» **PROBLEM TO SOLVE**
Please copy each line below that contains the word "numbers".

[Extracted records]
- Opening Delimiter -

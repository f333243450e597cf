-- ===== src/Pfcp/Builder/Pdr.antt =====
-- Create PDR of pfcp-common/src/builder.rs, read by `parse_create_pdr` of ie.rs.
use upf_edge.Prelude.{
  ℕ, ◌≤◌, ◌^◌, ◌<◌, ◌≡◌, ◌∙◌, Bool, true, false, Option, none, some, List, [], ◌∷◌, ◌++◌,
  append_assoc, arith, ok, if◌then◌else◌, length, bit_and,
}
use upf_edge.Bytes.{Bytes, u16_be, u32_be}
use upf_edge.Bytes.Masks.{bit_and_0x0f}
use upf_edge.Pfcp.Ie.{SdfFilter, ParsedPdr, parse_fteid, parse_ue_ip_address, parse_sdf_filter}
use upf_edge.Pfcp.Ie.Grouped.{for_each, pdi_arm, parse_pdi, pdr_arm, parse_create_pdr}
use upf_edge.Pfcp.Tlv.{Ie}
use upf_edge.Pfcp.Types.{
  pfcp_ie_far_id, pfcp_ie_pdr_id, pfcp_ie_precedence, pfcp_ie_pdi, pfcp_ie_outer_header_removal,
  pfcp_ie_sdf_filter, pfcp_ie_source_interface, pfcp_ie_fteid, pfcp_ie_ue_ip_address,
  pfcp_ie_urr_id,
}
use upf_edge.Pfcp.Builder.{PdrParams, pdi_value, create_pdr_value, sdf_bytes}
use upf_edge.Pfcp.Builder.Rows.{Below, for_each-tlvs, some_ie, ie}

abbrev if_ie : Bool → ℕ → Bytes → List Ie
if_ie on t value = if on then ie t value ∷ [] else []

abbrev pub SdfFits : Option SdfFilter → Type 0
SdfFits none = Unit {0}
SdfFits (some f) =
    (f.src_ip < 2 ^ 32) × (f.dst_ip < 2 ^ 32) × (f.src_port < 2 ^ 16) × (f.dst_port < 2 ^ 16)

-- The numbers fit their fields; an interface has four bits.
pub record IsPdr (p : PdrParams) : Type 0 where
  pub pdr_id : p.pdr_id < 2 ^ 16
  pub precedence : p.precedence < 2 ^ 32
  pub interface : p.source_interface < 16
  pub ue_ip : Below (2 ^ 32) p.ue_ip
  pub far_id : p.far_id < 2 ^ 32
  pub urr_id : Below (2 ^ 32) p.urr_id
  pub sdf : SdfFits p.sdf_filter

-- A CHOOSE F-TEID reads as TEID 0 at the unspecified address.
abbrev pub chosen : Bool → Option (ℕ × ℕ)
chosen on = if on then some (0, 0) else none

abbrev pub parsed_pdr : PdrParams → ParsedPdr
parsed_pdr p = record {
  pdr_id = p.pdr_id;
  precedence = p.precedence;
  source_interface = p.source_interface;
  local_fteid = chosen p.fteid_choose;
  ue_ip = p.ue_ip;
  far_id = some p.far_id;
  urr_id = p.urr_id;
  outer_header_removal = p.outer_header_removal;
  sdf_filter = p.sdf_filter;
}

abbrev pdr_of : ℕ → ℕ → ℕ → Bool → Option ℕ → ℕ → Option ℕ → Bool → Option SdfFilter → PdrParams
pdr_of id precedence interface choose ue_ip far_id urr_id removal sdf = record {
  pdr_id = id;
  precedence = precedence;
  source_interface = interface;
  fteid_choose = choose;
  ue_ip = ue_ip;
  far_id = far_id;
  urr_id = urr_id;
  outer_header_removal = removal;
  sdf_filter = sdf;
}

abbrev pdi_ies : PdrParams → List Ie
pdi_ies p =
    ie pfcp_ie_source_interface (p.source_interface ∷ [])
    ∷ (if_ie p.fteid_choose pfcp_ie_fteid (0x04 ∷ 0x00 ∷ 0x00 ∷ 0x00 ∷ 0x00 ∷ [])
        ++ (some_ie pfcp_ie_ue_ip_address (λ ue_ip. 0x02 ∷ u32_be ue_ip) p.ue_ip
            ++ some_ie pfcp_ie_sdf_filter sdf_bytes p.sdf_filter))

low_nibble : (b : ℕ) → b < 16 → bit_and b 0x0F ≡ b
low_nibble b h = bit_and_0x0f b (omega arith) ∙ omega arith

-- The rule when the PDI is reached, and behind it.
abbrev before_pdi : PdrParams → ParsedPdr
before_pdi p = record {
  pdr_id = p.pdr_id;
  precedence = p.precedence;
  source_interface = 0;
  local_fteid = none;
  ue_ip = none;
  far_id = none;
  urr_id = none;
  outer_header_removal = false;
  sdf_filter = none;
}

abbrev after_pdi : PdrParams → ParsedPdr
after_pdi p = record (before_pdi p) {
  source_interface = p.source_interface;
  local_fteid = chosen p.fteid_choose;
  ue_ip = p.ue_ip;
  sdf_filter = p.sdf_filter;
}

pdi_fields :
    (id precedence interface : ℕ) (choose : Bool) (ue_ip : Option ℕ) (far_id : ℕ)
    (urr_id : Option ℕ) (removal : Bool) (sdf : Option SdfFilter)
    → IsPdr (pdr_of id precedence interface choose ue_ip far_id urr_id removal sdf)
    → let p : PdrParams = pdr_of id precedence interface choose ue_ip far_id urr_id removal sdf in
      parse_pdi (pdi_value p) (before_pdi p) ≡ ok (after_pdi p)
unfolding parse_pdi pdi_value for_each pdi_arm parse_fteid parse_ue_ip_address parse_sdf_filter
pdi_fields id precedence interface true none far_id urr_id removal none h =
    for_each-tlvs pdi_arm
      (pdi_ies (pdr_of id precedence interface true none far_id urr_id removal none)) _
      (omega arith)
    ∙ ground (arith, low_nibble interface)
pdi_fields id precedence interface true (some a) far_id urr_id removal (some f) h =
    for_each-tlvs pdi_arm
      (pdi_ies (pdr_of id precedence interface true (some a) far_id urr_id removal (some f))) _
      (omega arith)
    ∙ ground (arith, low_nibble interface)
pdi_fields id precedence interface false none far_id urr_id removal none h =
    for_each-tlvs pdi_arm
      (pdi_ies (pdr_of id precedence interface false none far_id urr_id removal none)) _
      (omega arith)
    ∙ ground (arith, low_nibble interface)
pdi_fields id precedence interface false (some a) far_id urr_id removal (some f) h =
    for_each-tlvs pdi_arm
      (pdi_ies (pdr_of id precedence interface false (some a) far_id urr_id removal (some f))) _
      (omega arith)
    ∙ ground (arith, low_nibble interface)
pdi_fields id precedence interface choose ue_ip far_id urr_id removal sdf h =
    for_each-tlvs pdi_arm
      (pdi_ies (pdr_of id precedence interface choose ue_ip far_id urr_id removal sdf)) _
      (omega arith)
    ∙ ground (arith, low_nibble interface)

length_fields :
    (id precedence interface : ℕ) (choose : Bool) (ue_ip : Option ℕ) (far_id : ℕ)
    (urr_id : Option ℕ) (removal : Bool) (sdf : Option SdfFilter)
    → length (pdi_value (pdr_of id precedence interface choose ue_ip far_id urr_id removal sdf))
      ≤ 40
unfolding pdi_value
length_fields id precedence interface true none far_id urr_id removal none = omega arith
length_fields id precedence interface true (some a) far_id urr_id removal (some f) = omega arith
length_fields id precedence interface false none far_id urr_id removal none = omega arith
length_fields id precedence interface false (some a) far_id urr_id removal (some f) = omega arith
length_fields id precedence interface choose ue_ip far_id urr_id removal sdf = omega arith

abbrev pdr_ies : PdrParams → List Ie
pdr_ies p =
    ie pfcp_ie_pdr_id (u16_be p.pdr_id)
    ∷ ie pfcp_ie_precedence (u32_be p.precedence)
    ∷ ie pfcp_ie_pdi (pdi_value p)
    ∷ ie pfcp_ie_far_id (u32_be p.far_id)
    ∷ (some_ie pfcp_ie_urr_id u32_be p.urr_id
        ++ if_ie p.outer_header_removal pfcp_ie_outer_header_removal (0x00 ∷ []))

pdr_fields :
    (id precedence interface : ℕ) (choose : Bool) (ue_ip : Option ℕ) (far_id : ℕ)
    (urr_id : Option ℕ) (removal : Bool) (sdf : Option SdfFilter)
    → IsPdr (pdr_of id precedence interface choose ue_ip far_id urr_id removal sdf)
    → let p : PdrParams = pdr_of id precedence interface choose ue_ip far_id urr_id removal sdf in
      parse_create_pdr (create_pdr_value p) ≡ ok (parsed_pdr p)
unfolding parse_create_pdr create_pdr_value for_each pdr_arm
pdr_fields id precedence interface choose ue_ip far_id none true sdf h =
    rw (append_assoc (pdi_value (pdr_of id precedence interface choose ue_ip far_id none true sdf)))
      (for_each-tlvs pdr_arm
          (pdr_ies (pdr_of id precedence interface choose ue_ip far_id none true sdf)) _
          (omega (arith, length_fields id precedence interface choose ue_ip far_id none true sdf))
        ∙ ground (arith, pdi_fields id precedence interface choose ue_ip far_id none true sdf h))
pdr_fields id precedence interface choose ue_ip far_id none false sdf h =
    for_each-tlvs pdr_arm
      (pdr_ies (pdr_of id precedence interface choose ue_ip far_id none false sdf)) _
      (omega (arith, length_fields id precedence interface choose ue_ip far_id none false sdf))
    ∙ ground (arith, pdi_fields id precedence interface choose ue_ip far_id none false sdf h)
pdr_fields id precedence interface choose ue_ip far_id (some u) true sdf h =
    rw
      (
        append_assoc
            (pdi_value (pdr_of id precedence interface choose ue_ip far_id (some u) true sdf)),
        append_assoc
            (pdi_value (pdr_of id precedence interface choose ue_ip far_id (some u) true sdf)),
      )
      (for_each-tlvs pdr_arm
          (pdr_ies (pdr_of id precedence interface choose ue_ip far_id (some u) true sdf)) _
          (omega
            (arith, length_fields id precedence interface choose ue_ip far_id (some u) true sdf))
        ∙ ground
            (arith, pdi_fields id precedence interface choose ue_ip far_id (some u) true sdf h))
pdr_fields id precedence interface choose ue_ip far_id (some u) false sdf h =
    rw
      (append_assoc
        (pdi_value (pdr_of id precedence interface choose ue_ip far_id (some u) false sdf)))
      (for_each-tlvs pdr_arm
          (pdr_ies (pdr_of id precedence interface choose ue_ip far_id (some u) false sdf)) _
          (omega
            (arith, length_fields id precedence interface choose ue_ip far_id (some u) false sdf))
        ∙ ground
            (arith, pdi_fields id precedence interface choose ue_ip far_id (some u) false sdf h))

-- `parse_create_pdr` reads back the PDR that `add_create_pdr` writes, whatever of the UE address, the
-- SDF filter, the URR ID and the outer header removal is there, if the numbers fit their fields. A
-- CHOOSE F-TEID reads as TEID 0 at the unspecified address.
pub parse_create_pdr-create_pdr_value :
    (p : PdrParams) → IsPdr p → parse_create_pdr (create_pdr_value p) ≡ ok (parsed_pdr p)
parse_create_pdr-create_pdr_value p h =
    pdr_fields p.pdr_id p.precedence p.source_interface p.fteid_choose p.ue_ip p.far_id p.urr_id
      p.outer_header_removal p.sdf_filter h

- Closing Delimiter -

» **SOLUTION FOR THIS PROBLEM**
-- The numbers fit their fields; an interface has four bits.
-- SDF filter, the URR ID and the outer header removal is there, if the numbers fit their fields. A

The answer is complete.